Le narrateur ne se prive pas de rappeler les chiffres qui donnent le vertige. Cluny III, achevée en 1130, mesurait cent quatre-vingt-sept mètres de long et dépassait trente mètres sous voûtes, plus vaste église de la chrétienté jusqu’à l’édification de Saint-Pierre de Rome. Il n’en subsiste guère qu’un dixième, les clochers de l’Eau bénite et de l’Horloge, quelques bases de piliers, des maquettes et des reconstitutions en trois dimensions qui peinent à restituer l’ampleur disparue. Nuel intègre cette pédagogie sans jamais l’alourdir, en laissant son enquêteur commenter, ironiser, s’agacer même des raccourcis touristiques. L’érudition circule ainsi dans le récit à hauteur d’homme, portée par une voix qui digresse et revient toujours à son fil.
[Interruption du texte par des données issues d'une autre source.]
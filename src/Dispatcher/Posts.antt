-- ===== src/Dispatcher/Posts.antt =====
-- Who receives a post (src/disp.cc, `post_msg`).
use flora.Base.{
  ℕ, zero, suc, ◌+◌, ◌≡◌, refl, sym, ap, ◌∙◌, Bool, true, false, not, ◌&&◌, List, [], ◌∷◌, ◌++◌,
  Option, none, some, String, if◌then◌else◌, ◌==◌, string_key, nat_key, lookup, keep, arith, All,
  All-keep, Bool-cases, Option-cases, inl, inr, subst,
}
use flora.Caps.{CapsApi}
use flora.Protocol.{msgtype_persist}
use flora.Message.Data.{Frame, is_valid_msgtype}
use flora.Message.ResponseSerializer.{serialize_post}
use flora.Dispatcher.State.{State, Net, Adapter, Written, taken, write}
use flora.Dispatcher.Subscription.{
  post_msg, post_to, write_to_adapters, write_post_msg_to_adapters, receivers, net_ordered,
  put_or_erase,
}
use flora.Dispatcher.Subscribers.{times, times-keep, subscribers}

-- The frames that one adapter's socket took, the last one first.
abbrev pub received : ℕ → List (ℕ × Frame) → List Frame
received b [] = []
received b ((a, f) ∷ sent) = if a == b then f ∷ received b sent else received b sent

abbrev pub replicate {ℓ} : {A : Type ℓ} → ℕ → A → List A
replicate zero a = []
replicate (suc n) a = a ∷ replicate n a

replicate_last {ℓ} :
    {A : Type ℓ} (n : ℕ) (a : A) (xs : List A) → replicate n a ++ a ∷ xs ≡ a ∷ (replicate n a ++ xs)
replicate_last zero a xs = refl
replicate_last (suc n) a xs = ap (◌∷◌ a) (replicate_last n a xs)

-- Every adapter of the list is there and open.
abbrev IsReady : Net → List ℕ → Type 0
IsReady net = All (λ a. ((net.heap a).alive ≡ true) × ((net.heap a).is_open ≡ true))

receivers-IsReady : (net : Net) (xs : List ℕ) → IsReady net (receivers net xs)
receivers-IsReady net [] = tt
receivers-IsReady net (x ∷ xs) =
    let rest = receivers-IsReady net xs in
    elim (Bool-cases (net.heap x).alive) [
      | inl here ↦ elim (Bool-cases (net.heap x).is_open) [
        | inl ready ↦ rw (here, ready) ((here, ready), rest)
        | inr closed ↦ rw (here, closed) rest
      ]
      | inr gone ↦ rw gone rest
    ]

first_received :
    (b a : ℕ) (f : Frame) (adapters : List ℕ) (sent : List (ℕ × Frame))
    → replicate (times b adapters) f ++ received b ((a, f) ∷ sent)
      ≡ replicate (times b (a ∷ adapters)) f ++ received b sent
first_received b a f adapters sent = elim (Bool-cases (a == b)) [
  | inl same ↦ rw same (replicate_last (times b adapters) f (received b sent))
  | inr other ↦ rw other
]

module _ (api : CapsApi) (os : ℕ → Written) (takes : (n : ℕ) → os n ≡ taken) where
  write-taken :
      (a : ℕ) (f : Frame) (net : Net)
      → (net.heap a).is_open ≡ true
      → write os a f net ≡ record net { sent = (a, f) ∷ net.sent; writes = net.writes + 1 }
  unfolding write
  write-taken a f net h = rw (h, takes net.writes)

  write_to_adapters-received :
      (b : ℕ) (f : Frame) (adapters : List ℕ) (net : Net)
      → IsReady net adapters
      → (received b (write_to_adapters api os f adapters net).sent
          ≡ replicate (times b adapters) f ++ received b net.sent)
        × ((write_to_adapters api os f adapters net).heap ≡ net.heap)
  unfolding write_to_adapters
  write_to_adapters-received b f [] net ready = (refl, refl)
  write_to_adapters-received b f (a ∷ adapters) net ready =
      let net' : Net = record net { sent = (a, f) ∷ net.sent; writes = net.writes + 1 } in
      let (got, same) = write_to_adapters-received b f adapters net' ready.1 in
      let once : (if (net.heap a).alive then write os a f net else net) ≡ net' =
        rw ready.0.0 (write-taken a f net ready.0.1) in
      let first = ap (write_to_adapters api os f adapters) once in
      (
        ap (λ (n : Net). received b n.sent) first ∙ got ∙ first_received b a f adapters net.sent,
        ap (λ (n : Net). n.heap) first ∙ same,
      )

  round_net :
      (st : State api.Caps) (name : String) (type : ℕ) (args : Option api.Caps) (tag flags : ℕ)
      (adapters : List ℕ) (cli_name : String) (f : Frame)
      → serialize_post api name type args tag cli_name st.buf_size flags ≡ some f
      → write_post_msg_to_adapters api os st name type args tag flags adapters cli_name
        ≡ record st { net = write_to_adapters api os f adapters st.net }
  unfolding write_post_msg_to_adapters
  round_net st name type args tag flags [] cli_name f e = refl
  round_net st name type args tag flags (a ∷ adapters) cli_name f e = rw e

  -- Both rounds.
  post_to_net :
      (st : State api.Caps) (name : String) (type : ℕ) (args : Option api.Caps) (sender : ℕ)
      (cli_name : String) (subscribers : List ℕ) (f g : Frame)
      → serialize_post api name type args (st.net.heap sender).tag cli_name st.buf_size 0 ≡ some f
      → serialize_post api name type args
          (st.net.heap sender).tag
          cli_name
          st.buf_size
          api.net_byteorder
        ≡ some g
      → let ready = receivers st.net subscribers in
        post_to api os st name type args sender cli_name subscribers ≡ record st {
          net = write_to_adapters api os g (keep (net_ordered api os st.net) ready) (
              write_to_adapters api os f
                (keep (λ a. not (net_ordered api os st.net a)) ready)
                st.net);
          subscriptions = put_or_erase name ready st.subscriptions;
        }
  unfolding post_to
  post_to_net st name type args sender cli_name subscribers f g e d =
      let ready = receivers st.net subscribers in
      let nobo = keep (λ a. not (net_ordered api os st.net a)) ready in
      let bo = keep (net_ordered api os st.net) ready in
      let tag = (st.net.heap sender).tag in
      let st₁ : State api.Caps = record st { net = write_to_adapters api os f nobo st.net } in
      let first = round_net st name type args tag 0 nobo cli_name f e in
      let second = round_net st₁ name type args tag api.net_byteorder bo cli_name g d in
      ap
        (λ (s : State api.Caps).
          record (write_post_msg_to_adapters api os s name type args tag api.net_byteorder bo
            cli_name) { subscriptions = put_or_erase name ready st.subscriptions })
        first
      ∙ ap
          (λ (s : State api.Caps). record s {
            subscriptions = put_or_erase name ready st.subscriptions;
          })
          second

  keep-IsReady : (net : Net) (p : ℕ → Bool) (xs : List ℕ) → IsReady net (keep p (receivers net xs))
  keep-IsReady net p xs =
      All-keep (λ a. ((net.heap a).alive ≡ true) × ((net.heap a).is_open ≡ true)) p
        (receivers net xs) (receivers-IsReady net xs)

  two_rounds :
      (net : Net) (b : ℕ) (subs : List ℕ) (f g : Frame)
      → let ready = receivers net subs in
        received b
          (write_to_adapters api os g (keep (net_ordered api os net) ready) (
            write_to_adapters api os f (keep (λ a. not (net_ordered api os net a)) ready) net)).sent
        ≡ replicate
            (if (net.heap b).alive && (net.heap b).is_open then times b subs else 0)
            (if net_ordered api os net b then g else f)
          ++ received b net.sent
  two_rounds net b subs f g =
      let ready = receivers net subs in
      let nobo = keep (λ a. not (net_ordered api os net a)) ready in
      let bo = keep (net_ordered api os net) ready in
      let net' : Net = write_to_adapters api os f nobo net in
      let (got, same) =
        write_to_adapters-received b f nobo net
          (keep-IsReady net (λ a. not (net_ordered api os net a)) subs) in
      let still : IsReady net' bo =
        subst (λ (h : ℕ → Adapter). All (λ a. ((h a).alive ≡ true) × ((h a).is_open ≡ true)) bo)
          (sym same) (keep-IsReady net (net_ordered api os net) subs) in
      let (got', _) = write_to_adapters-received b g bo net' still in
      let n_ready = times-keep b (λ a. (net.heap a).alive && (net.heap a).is_open) subs in
      let n_bo = times-keep b (net_ordered api os net) ready in
      let n_nobo = times-keep b (λ a. not (net_ordered api os net a)) ready in
      got'
      ∙ ap (◌++◌ (replicate (times b bo) g)) got
      ∙ elim (Bool-cases (net_ordered api os net b)) [
        | inl wants ↦ rw (n_bo, n_nobo, wants, n_ready)
        | inr host ↦ rw (n_bo, n_nobo, host, n_ready)
      ]

  post_msg_net :
      (st : State api.Caps) (name : String) (type : ℕ) (args : Option api.Caps) (sender : ℕ)
      (cli_name : String)
      → is_valid_msgtype type ≡ true
      → (name == "") ≡ false
      → (post_msg api os st name type args sender cli_name).0.net
        ≡ elim (lookup name st.subscriptions) [
          | none ↦ st.net
          | some subs ↦ (post_to api os st name type args sender cli_name subs).net
        ]
  unfolding post_msg
  post_msg_net st name type args sender cli_name valid named =
      elim (Bool-cases (type == msgtype_persist)) [
        | inl p ↦ elim (Option-cases (lookup name st.subscriptions)) [
          | inl e ↦ rw (valid, named, e, p)
          | inr (subs, e) ↦ rw (valid, named, e, p)
        ]
        | inr q ↦ elim (Option-cases (lookup name st.subscriptions)) [
          | inl e ↦ rw (valid, named, e, q)
          | inr (subs, e) ↦ rw (valid, named, e, q)
        ]
      ]

  -- While the sockets take what is written and both frames fit the buffer, a post with a valid type
  -- and a name reaches every adapter once for each time it stands in the name's list, if it is there
  -- and open, in the byte order that it wants; it reaches no other.
  pub post_msg-received :
      (st : State api.Caps) (name : String) (type : ℕ) (args : Option api.Caps) (sender : ℕ)
      (cli_name : String) (f g : Frame) (b : ℕ)
      → is_valid_msgtype type ≡ true
      → (name == "") ≡ false
      → serialize_post api name type args (st.net.heap sender).tag cli_name st.buf_size 0 ≡ some f
      → serialize_post api name type args
          (st.net.heap sender).tag
          cli_name
          st.buf_size
          api.net_byteorder
        ≡ some g
      → received b (post_msg api os st name type args sender cli_name).0.net.sent
        ≡ replicate
            (if (st.net.heap b).alive && (st.net.heap b).is_open
              then times b (subscribers st name)
              else 0)
            (if net_ordered api os st.net b then g else f)
          ++ received b st.net.sent
  post_msg-received st name type args sender cli_name f g b valid named e d =
      ap (λ (n : Net). received b n.sent)
        (post_msg_net st name type args sender cli_name valid named)
      ∙ elim (Option-cases (lookup name st.subscriptions)) [
        | inl missing ↦ rw missing (ground arith)
        | inr (subs, there) ↦ rw there (
            ap (λ (s : State api.Caps). received b s.net.sent)
              (post_to_net st name type args sender cli_name subs f g e d)
            ∙ two_rounds st.net b subs f g)
      ]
Autour de ce cœur manquant gravitent les lieux qui donnent au roman sa géographie précise : le palais du pape Gélase et son entrée gothique restaurée en 1873, le palais Jacques d’Amboise devenu hôtel de ville avec ses plaques d’albâtre ornées de motifs empruntés à la Renaissance italienne, le parc abbatial et ses arbres séculaires éprouvés par la tempête, la rue Lamartine piétonne les jours de marché. Cinq mille habitants, une notoriété mondiale, un patrimoine écrasant. Nuel fait de cette disproportion le ressort discret de son intrigue, et l’abbaye ruinée s’impose comme une présence vivante, une masse silencieuse qui observe les allées et venues des vivants sans jamais livrer ses secrets.
Brice Noval, la retraite contrariée d’un détective lyonnais
Toute la saveur du livre tient d’abord à sa voix. Brice Noval raconte à la première personne, et il raconte à sa manière, c’est-à-dire en prenant son temps, en s’écartant du chemin, en revenant sur ses pas avec une gourmandise assumée. Ancien détective privé installé à Lyon, il a troqué la capitale des Gaules contre une ferme mâconnaise rénovée au hameau de Lys, sur la commune de Chissey-lès-Mâcon, avec galerie ouverte, cave voûtée, vieille écurie et dépendances en nombre. Le calme lui va bien, du moins le prétend-il. Ses petits déjeuners copieux, son thé noir suivi rituellement d’un café, son rocking-chair et sa Clio vieillissante composent un art de vivre qu’il défend avec une conviction désarmante.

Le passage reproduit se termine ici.